What needs to be done » Look through the material below and return every line that contains "Trace".
*** Information given Section Begins ***
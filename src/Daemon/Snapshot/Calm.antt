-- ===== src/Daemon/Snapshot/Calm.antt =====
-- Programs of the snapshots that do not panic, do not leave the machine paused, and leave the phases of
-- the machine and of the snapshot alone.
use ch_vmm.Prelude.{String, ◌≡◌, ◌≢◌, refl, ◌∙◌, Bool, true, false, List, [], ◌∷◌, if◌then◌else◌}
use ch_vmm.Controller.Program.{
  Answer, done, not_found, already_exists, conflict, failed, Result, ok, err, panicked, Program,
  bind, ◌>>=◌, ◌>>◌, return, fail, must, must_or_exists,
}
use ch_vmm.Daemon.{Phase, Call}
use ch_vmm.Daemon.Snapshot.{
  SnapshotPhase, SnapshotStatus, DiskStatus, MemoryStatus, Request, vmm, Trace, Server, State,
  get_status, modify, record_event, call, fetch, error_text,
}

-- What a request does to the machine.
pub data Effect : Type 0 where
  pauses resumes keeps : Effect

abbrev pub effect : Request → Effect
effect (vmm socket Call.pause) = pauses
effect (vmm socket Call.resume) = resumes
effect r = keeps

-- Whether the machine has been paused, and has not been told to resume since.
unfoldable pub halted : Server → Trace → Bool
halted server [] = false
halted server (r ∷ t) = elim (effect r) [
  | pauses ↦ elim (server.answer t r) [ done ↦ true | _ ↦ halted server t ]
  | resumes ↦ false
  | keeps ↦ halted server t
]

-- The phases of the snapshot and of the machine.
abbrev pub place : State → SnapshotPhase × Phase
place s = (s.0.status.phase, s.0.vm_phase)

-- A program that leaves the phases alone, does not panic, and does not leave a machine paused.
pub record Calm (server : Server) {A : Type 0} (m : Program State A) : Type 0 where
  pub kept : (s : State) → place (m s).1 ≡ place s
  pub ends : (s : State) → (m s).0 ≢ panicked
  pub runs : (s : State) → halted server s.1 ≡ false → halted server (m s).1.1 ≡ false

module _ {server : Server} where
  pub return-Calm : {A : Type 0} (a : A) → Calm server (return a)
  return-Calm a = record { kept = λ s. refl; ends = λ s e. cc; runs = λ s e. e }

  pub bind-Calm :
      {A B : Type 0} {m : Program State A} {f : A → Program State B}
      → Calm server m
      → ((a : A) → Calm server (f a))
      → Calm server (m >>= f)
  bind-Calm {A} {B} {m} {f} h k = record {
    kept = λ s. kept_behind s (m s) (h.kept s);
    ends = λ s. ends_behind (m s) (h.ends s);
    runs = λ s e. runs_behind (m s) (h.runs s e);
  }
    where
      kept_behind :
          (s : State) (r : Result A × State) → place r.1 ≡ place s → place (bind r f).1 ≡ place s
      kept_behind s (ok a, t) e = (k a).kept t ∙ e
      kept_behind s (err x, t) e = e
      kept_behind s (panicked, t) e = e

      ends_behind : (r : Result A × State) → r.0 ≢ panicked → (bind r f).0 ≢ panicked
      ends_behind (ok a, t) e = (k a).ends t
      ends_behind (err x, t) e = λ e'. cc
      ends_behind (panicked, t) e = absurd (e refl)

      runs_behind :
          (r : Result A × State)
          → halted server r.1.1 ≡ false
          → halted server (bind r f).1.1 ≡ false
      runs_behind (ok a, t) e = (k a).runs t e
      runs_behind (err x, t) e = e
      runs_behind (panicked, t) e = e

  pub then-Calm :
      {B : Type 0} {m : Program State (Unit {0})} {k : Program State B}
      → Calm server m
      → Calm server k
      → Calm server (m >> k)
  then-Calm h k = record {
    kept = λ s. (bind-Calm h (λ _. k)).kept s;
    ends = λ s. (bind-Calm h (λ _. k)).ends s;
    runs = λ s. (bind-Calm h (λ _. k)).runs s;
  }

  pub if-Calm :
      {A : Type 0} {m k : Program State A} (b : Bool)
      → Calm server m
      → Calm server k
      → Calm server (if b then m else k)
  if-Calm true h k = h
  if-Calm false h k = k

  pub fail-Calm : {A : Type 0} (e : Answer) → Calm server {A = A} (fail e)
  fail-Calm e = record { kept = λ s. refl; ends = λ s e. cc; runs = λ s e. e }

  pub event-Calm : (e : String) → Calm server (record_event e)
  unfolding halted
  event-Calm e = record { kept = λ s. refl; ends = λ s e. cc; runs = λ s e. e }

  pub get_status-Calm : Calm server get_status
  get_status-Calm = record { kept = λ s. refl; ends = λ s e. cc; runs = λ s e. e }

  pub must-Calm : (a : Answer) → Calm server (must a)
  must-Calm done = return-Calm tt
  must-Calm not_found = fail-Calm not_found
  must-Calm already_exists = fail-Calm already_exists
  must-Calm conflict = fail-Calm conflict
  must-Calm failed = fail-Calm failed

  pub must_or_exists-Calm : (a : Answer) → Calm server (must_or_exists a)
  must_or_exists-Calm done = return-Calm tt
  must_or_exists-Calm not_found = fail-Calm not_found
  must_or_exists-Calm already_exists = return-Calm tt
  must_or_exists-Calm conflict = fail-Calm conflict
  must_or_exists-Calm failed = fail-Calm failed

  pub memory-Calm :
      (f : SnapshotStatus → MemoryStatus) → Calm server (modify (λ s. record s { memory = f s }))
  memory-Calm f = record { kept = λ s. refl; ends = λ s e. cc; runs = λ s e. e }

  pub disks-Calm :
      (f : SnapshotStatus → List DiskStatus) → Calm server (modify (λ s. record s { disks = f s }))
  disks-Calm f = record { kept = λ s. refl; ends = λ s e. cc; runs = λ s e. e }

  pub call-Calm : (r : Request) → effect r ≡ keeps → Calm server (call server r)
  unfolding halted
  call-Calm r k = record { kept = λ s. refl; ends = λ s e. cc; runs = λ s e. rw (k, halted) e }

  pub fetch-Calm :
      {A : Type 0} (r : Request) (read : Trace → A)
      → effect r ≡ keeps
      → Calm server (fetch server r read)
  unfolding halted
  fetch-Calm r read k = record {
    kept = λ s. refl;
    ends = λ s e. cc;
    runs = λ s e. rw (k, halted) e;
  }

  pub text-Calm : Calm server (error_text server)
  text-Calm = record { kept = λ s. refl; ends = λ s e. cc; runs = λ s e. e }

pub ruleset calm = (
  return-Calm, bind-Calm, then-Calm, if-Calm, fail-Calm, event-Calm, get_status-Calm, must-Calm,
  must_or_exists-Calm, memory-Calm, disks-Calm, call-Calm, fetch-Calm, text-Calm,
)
*** Information given Section Ends ***
Answer below »
  SnapshotPhase, SnapshotStatus, DiskStatus, MemoryStatus, Request, vmm, Trace, Server, State,
unfoldable pub halted : Server → Trace → Bool
      {A : Type 0} (r : Request) (read : Trace → A)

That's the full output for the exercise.